Court Opinion

ID: 9473034
Source: CourtListenerOpinion
Date Created: 2023-08-05 04:17:32.625301+00
Date Added: 2024-06-11T17:43:16.945457
License: Public Domain

BEEZER, Circuit Judge,
dissenting in part:
I concur in the court’s opinion with respect to reducing the rent deduction taken by the taxpayers in an amount equal to gardening expenses and twenty-five percent of property taxes. These expenses are usually and customarily paid by landlords from the proceeds of rental income.

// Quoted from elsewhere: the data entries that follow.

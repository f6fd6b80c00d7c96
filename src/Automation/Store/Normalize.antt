-- ===== src/Automation/Store/Normalize.antt =====
-- `normalizeAutomationState` of tools/data-poc/src/automation/automationState.ts. The object that it
-- builds is built in parts; the order in which its fields are read does not show, since every
-- refusal is the same error.
use crypto_edge_ai.Common.{
  String, Bool, true, false, ◌&&◌, ◌||◌, not, Option, none, some, if◌then◌else◌, Result, ok, ◌>>=◌,
  ◌>>◌,
}
use crypto_edge_ai.Number.{Number}
use crypto_edge_ai.Date.{DateText}
use crypto_edge_ai.Json.{Value, Fields, property, coalesce, as_record}
use crypto_edge_ai.Automation.State.{AutomationState, create_initial_automation_state}
use crypto_edge_ai.Automation.Store.Words.{result_word, cycle_word, failure_word, decision_word}
use crypto_edge_ai.Automation.Store.Values.{
  Format, invalid_state, exact, printed, nullable_word, optional_word, nullable_safe_text,
  optional_nullable_safe_text, optional_nullable_safe_description, optional_boolean,
  optional_scheduler_version, state_version, normalize_source_statuses, nullable_iso,
  optional_nullable_iso, optional_non_negative_integer, optional_nullable_non_negative_integer,
  normalize_request_counts,
}

abbrev pub is_some {ℓ} : {A : Type ℓ} → Option A → Bool
is_some none = false
is_some (some _) = true

abbrev differ : Bool → Bool → Bool
differ true b = not b
differ false b = b

-- The condition on which `normalizeAutomationState` refuses the fields of the suspension.
unfoldable pub is_incoherent : Bool → Bool → Option DateText → Option String → Bool
is_incoherent suspended required at reason =
    differ suspended required
    || (suspended && (not (is_some at) || not (is_some reason)))
    || (not suspended && (is_some at || is_some reason))

unfoldable pub suspension_of :
    AutomationState → Bool → Bool → Option DateText → Option String → Result AutomationState
unfolding is_incoherent
suspension_of state suspended required at reason =
    if is_incoherent suspended required at reason
    then invalid_state
    else ok (record state {
      automation_suspended = suspended;
      suspended_at = at;
      suspended_reason = reason;
      resume_required = required;
    })

module _ {n : Number} (f : Format n) where
  -- `automation_suspended` to `resume_required`.
  unfoldable pub read_suspension : Fields n → AutomationState → Result AutomationState
  unfolding suspension_of
  read_suspension fields state = do
    suspended ← optional_boolean (property "automation_suspended" fields) false
    at ← optional_nullable_iso f (property "suspended_at" fields)
    reason ← optional_nullable_safe_text (property "suspended_reason" fields)
    required ← optional_boolean (property "resume_required" fields) suspended
    suspension_of state suspended required at reason

  -- What is known of the last attempt.
  unfoldable pub read_attempt : Fields n → AutomationState → Result AutomationState
  read_attempt fields state = do
    last_attempt_at ← nullable_iso f (property "last_attempt_at" fields)
    last_success_at ← nullable_iso f (property "last_success_at" fields)
    last_failure_at ← nullable_iso f (property "last_failure_at" fields)
    last_run_id ← nullable_safe_text (property "last_run_id" fields)
    active_run_id ← nullable_safe_text (property "active_run_id" fields)
    last_result ← nullable_word exact result_word (property "last_result" fields)
    last_error_code ← nullable_safe_text (property "last_error_code" fields)
    cycle_id ←
        optional_nullable_safe_text
          (coalesce (property "cycle_id" fields) (property "last_run_id" fields))
    cycle_status ←
        optional_word printed cycle_word
          (coalesce (property "cycle_status" fields) (property "last_result" fields))
    failure_code ←
        optional_nullable_safe_text
          (coalesce (property "failure_code" fields) (property "last_error_code" fields))
    ok (record state {
      last_attempt_at = last_attempt_at;
      last_success_at = last_success_at;
      last_failure_at = last_failure_at;
      last_run_id = last_run_id;
      active_run_id = active_run_id;
      last_result = last_result;
      last_error_code = last_error_code;
      cycle_id = cycle_id;
      cycle_status = cycle_status;
      failure_code = failure_code;
    })

  -- What the last cycle counted and published.
  unfoldable pub read_cycle : Fields n → AutomationState → Result AutomationState
  read_cycle fields state = do
    cycle_duration_ms ←
        optional_nullable_non_negative_integer f (property "cycle_duration_ms" fields)
    snapshot_generated_at ← optional_nullable_iso f (property "snapshot_generated_at" fields)
    records_received ← optional_non_negative_integer f (property "records_received" fields)
    records_valid ← optional_non_negative_integer f (property "records_valid" fields)
    records_rejected ← optional_non_negative_integer f (property "records_rejected" fields)
    new_records ← optional_non_negative_integer f (property "new_records" fields)
    follow_up_ingested ← optional_non_negative_integer f (property "follow_up_ingested" fields)
    checkpoints_processed ←
        optional_non_negative_integer f (property "checkpoints_processed" fields)
    source_statuses ← normalize_source_statuses (property "source_statuses" fields)
    safe_error ← optional_nullable_safe_description (property "safe_error" fields)
    request_counts ← normalize_request_counts f (property "request_counts" fields)
    last_published_scanner_run_id ←
        nullable_safe_text (property "last_published_scanner_run_id" fields)
    last_published_context_run_id ←
        nullable_safe_text (property "last_published_context_run_id" fields)
    ok (record state {
      cycle_duration_ms = cycle_duration_ms;
      snapshot_generated_at = snapshot_generated_at;
      records_received = records_received;
      records_valid = records_valid;
      records_rejected = records_rejected;
      new_records = new_records;
      follow_up_ingested = follow_up_ingested;
      checkpoints_processed = checkpoints_processed;
      source_statuses = source_statuses;
      safe_error = safe_error;
      request_counts = request_counts;
      last_published_scanner_run_id = last_published_scanner_run_id;
      last_published_context_run_id = last_published_context_run_id;
    })

  -- The part of the scheduler, and the class of the last failure.
  unfoldable pub read_schedule : Fields n → AutomationState → Result AutomationState
  read_schedule fields state = do
    optional_scheduler_version (property "scheduler_schema_version" fields)
    last_scheduler_check_at ← optional_nullable_iso f (property "last_scheduler_check_at" fields)
    last_decision ← optional_word printed decision_word (property "last_decision" fields)
    next_scanner_run_at ← optional_nullable_iso f (property "next_scanner_run_at" fields)
    next_alternative_me_run_at ←
        optional_nullable_iso f (property "next_alternative_me_run_at" fields)
    next_defillama_run_at ← optional_nullable_iso f (property "next_defillama_run_at" fields)
    last_scanner_success_at ← optional_nullable_iso f (property "last_scanner_success_at" fields)
    last_context_success_at ← optional_nullable_iso f (property "last_context_success_at" fields)
    last_scanner_run_id ← optional_nullable_safe_text (property "last_scanner_run_id" fields)
    last_context_run_id ← optional_nullable_safe_text (property "last_context_run_id" fields)
    missed_schedule_count ←
        optional_non_negative_integer f (property "missed_schedule_count" fields)
    consecutive_failure_count ←
        optional_non_negative_integer f (property "consecutive_failure_count" fields)
    last_failure_class ← optional_word exact failure_word (property "last_failure_class" fields)
    ok (record state {
      last_scheduler_check_at = last_scheduler_check_at;
      last_decision = last_decision;
      next_scanner_run_at = next_scanner_run_at;
      next_alternative_me_run_at = next_alternative_me_run_at;
      next_defillama_run_at = next_defillama_run_at;
      last_scanner_success_at = last_scanner_success_at;
      last_context_success_at = last_context_success_at;
      last_scanner_run_id = last_scanner_run_id;
      last_context_run_id = last_context_run_id;
      missed_schedule_count = missed_schedule_count;
      consecutive_failure_count = consecutive_failure_count;
      last_failure_class = last_failure_class;
    })

  -- The state that the fields of an object stand for.
  unfoldable pub normalize_fields : Fields n → Result AutomationState
  unfolding read_suspension read_attempt read_cycle read_schedule
  normalize_fields fields = do
    state_version (property "schema_version" fields)
    suspension ← read_suspension fields create_initial_automation_state
    attempt ← read_attempt fields suspension
    cycle ← read_cycle fields attempt
    read_schedule fields cycle

  normalize_record : Option (Fields n) → Result AutomationState
  unfolding normalize_fields
  normalize_record none = invalid_state
  normalize_record (some fields) = normalize_fields fields

  unfoldable pub normalize_automation_state : Value n → Result AutomationState
  unfolding normalize_record
  normalize_automation_state value = normalize_record (as_record (some value))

However, when the Tax Court reduced the rental deduction of Peck by twenty-five percent of the mortgage payments made by the taxpayers, it assumed that it was Leasing’s legal obligation to make those payments. There is no evidence in the record from which I can find that Leasing is under any obligation to assume or pay any portion of the mortgage. The Tax Court, in effect, has rewritten the agreement between Leasing and Peck to require Leasing to bear the burden of twenty-five percent of the mortgage payments on real property which it purchased for full and fair consideration. Concomitantly, the Tax Court has reduced the value of the Leasing common capital stock purchased by Peck in an amount equal to the shifted mortgage installments. This allocation between the taxpayers and their related corporation is totally unnecessary to place controlled taxpayers in the same position as uncontrolled taxpayers dealing at arms-length. To the extent that the Tax Court shifted the consequences of mortgage payments in the guise of an adjustment to fair market rental, I respectfully dissent.